**Exercise aim:** The expected answer comprises all lines from the entries that contain the string "find".

============================================================

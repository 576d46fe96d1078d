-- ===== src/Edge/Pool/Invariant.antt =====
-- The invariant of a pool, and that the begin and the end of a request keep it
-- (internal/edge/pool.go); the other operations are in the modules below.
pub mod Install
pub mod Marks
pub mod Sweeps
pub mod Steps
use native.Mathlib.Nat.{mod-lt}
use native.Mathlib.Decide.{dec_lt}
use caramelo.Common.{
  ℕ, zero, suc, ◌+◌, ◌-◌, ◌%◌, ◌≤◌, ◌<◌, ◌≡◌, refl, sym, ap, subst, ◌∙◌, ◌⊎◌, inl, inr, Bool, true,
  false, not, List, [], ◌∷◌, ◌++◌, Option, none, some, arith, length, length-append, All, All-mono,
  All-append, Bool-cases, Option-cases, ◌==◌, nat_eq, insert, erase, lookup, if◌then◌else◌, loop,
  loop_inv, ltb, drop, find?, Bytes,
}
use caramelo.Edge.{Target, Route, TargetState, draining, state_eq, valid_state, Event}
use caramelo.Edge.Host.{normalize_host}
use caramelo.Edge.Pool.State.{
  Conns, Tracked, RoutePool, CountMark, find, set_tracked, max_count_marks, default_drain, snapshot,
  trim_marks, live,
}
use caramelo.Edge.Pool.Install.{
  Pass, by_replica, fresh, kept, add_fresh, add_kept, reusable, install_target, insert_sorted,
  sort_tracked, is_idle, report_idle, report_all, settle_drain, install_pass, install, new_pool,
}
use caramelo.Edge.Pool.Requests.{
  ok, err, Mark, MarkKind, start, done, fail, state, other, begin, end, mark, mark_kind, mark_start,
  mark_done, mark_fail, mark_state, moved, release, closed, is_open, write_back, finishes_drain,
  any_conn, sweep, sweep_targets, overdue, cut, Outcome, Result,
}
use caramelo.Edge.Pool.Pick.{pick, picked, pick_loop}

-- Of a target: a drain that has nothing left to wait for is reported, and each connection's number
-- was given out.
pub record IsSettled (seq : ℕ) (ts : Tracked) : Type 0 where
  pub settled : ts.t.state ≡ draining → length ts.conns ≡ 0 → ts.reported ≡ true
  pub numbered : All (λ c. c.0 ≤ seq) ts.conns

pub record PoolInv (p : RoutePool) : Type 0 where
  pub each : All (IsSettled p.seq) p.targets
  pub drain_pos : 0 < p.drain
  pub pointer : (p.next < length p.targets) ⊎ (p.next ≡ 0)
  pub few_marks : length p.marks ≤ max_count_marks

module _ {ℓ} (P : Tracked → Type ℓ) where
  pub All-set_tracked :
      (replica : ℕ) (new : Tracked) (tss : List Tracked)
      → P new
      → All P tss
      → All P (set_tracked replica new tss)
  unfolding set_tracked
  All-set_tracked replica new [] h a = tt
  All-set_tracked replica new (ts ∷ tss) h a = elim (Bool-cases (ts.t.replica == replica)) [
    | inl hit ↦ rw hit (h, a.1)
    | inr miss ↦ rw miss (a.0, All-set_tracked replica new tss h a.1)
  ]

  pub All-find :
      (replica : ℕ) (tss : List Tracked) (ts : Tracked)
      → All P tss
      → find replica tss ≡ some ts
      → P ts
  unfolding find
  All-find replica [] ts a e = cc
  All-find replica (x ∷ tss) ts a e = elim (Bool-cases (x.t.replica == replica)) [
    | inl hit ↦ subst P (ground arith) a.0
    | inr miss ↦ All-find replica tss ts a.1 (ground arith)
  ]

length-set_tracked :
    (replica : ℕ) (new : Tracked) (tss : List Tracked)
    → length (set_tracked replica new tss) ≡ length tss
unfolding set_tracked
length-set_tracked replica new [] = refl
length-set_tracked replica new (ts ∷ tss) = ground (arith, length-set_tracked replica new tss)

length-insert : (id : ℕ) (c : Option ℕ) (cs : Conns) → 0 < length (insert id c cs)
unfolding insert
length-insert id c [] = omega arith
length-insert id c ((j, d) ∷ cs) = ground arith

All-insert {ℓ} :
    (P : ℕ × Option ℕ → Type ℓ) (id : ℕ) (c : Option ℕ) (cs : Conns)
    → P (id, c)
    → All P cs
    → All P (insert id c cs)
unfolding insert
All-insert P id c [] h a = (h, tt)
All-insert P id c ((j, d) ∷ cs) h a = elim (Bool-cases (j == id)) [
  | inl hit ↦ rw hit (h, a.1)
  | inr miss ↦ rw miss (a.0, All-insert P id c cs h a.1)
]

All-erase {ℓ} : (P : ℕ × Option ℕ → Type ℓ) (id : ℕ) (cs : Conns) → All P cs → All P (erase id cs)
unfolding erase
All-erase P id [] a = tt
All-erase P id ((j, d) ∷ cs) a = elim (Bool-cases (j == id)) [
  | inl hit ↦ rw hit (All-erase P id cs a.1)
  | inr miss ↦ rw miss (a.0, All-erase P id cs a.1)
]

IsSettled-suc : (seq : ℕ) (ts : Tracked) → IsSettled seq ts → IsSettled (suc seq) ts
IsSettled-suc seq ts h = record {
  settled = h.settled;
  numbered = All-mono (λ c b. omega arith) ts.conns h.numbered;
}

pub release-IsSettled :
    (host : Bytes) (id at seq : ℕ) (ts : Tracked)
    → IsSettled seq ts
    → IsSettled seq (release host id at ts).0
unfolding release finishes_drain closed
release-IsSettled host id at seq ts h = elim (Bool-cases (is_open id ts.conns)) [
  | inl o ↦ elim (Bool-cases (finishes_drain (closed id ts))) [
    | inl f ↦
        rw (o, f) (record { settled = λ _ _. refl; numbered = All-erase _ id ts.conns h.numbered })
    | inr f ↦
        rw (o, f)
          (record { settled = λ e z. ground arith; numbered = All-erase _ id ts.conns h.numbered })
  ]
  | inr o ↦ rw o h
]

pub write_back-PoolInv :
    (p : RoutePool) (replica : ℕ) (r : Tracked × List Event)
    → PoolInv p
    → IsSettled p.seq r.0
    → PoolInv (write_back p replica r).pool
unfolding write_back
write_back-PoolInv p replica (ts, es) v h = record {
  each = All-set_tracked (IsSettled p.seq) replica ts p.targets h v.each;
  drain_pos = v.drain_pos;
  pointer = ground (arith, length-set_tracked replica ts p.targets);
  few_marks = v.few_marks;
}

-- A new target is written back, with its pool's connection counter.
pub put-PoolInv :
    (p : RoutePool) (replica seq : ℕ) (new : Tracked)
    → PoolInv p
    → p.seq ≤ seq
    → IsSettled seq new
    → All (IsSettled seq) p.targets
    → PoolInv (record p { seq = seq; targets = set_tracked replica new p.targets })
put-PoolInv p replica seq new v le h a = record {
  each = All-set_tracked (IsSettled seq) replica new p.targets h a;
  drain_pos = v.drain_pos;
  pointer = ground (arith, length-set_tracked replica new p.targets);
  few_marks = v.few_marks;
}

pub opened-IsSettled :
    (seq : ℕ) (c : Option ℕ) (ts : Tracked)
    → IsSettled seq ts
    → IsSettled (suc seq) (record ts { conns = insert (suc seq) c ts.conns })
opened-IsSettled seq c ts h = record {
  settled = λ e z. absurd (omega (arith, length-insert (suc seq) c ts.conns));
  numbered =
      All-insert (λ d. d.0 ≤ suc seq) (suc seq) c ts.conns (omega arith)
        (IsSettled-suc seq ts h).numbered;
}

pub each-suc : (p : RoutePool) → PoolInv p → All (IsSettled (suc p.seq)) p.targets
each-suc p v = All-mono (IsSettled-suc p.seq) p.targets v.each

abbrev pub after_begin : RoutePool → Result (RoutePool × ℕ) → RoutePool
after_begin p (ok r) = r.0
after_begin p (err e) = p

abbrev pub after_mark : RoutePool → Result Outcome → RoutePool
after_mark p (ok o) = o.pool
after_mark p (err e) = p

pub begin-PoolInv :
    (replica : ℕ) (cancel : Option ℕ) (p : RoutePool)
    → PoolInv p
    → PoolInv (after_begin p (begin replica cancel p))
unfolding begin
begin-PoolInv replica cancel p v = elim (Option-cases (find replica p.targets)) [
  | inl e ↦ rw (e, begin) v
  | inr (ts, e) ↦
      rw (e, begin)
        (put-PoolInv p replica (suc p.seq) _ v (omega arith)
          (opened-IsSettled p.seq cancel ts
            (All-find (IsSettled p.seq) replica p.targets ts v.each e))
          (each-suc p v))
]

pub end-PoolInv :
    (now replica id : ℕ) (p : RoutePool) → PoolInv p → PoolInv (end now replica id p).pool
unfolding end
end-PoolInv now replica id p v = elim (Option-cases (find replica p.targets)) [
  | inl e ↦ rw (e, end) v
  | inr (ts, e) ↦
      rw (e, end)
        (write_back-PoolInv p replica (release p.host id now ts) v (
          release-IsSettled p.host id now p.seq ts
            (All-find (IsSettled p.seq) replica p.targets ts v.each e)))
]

============================================================

**Task solution:**
  loop_inv, ltb, drop, find?, Bytes,
  Conns, Tracked, RoutePool, CountMark, find, set_tracked, max_count_marks, default_drain, snapshot,
  pub All-find :
      → find replica tss ≡ some ts
  unfolding find
  All-find replica [] ts a e = cc
  All-find replica (x ∷ tss) ts a e = elim (Bool-cases (x.t.replica == replica)) [
    | inr miss ↦ All-find replica tss ts a.1 (ground arith)
begin-PoolInv replica cancel p v = elim (Option-cases (find replica p.targets)) [
            (All-find (IsSettled p.seq) replica p.targets ts v.each e))
end-PoolInv now replica id p v = elim (Option-cases (find replica p.targets)) [
            (All-find (IsSettled p.seq) replica p.targets ts v.each e)))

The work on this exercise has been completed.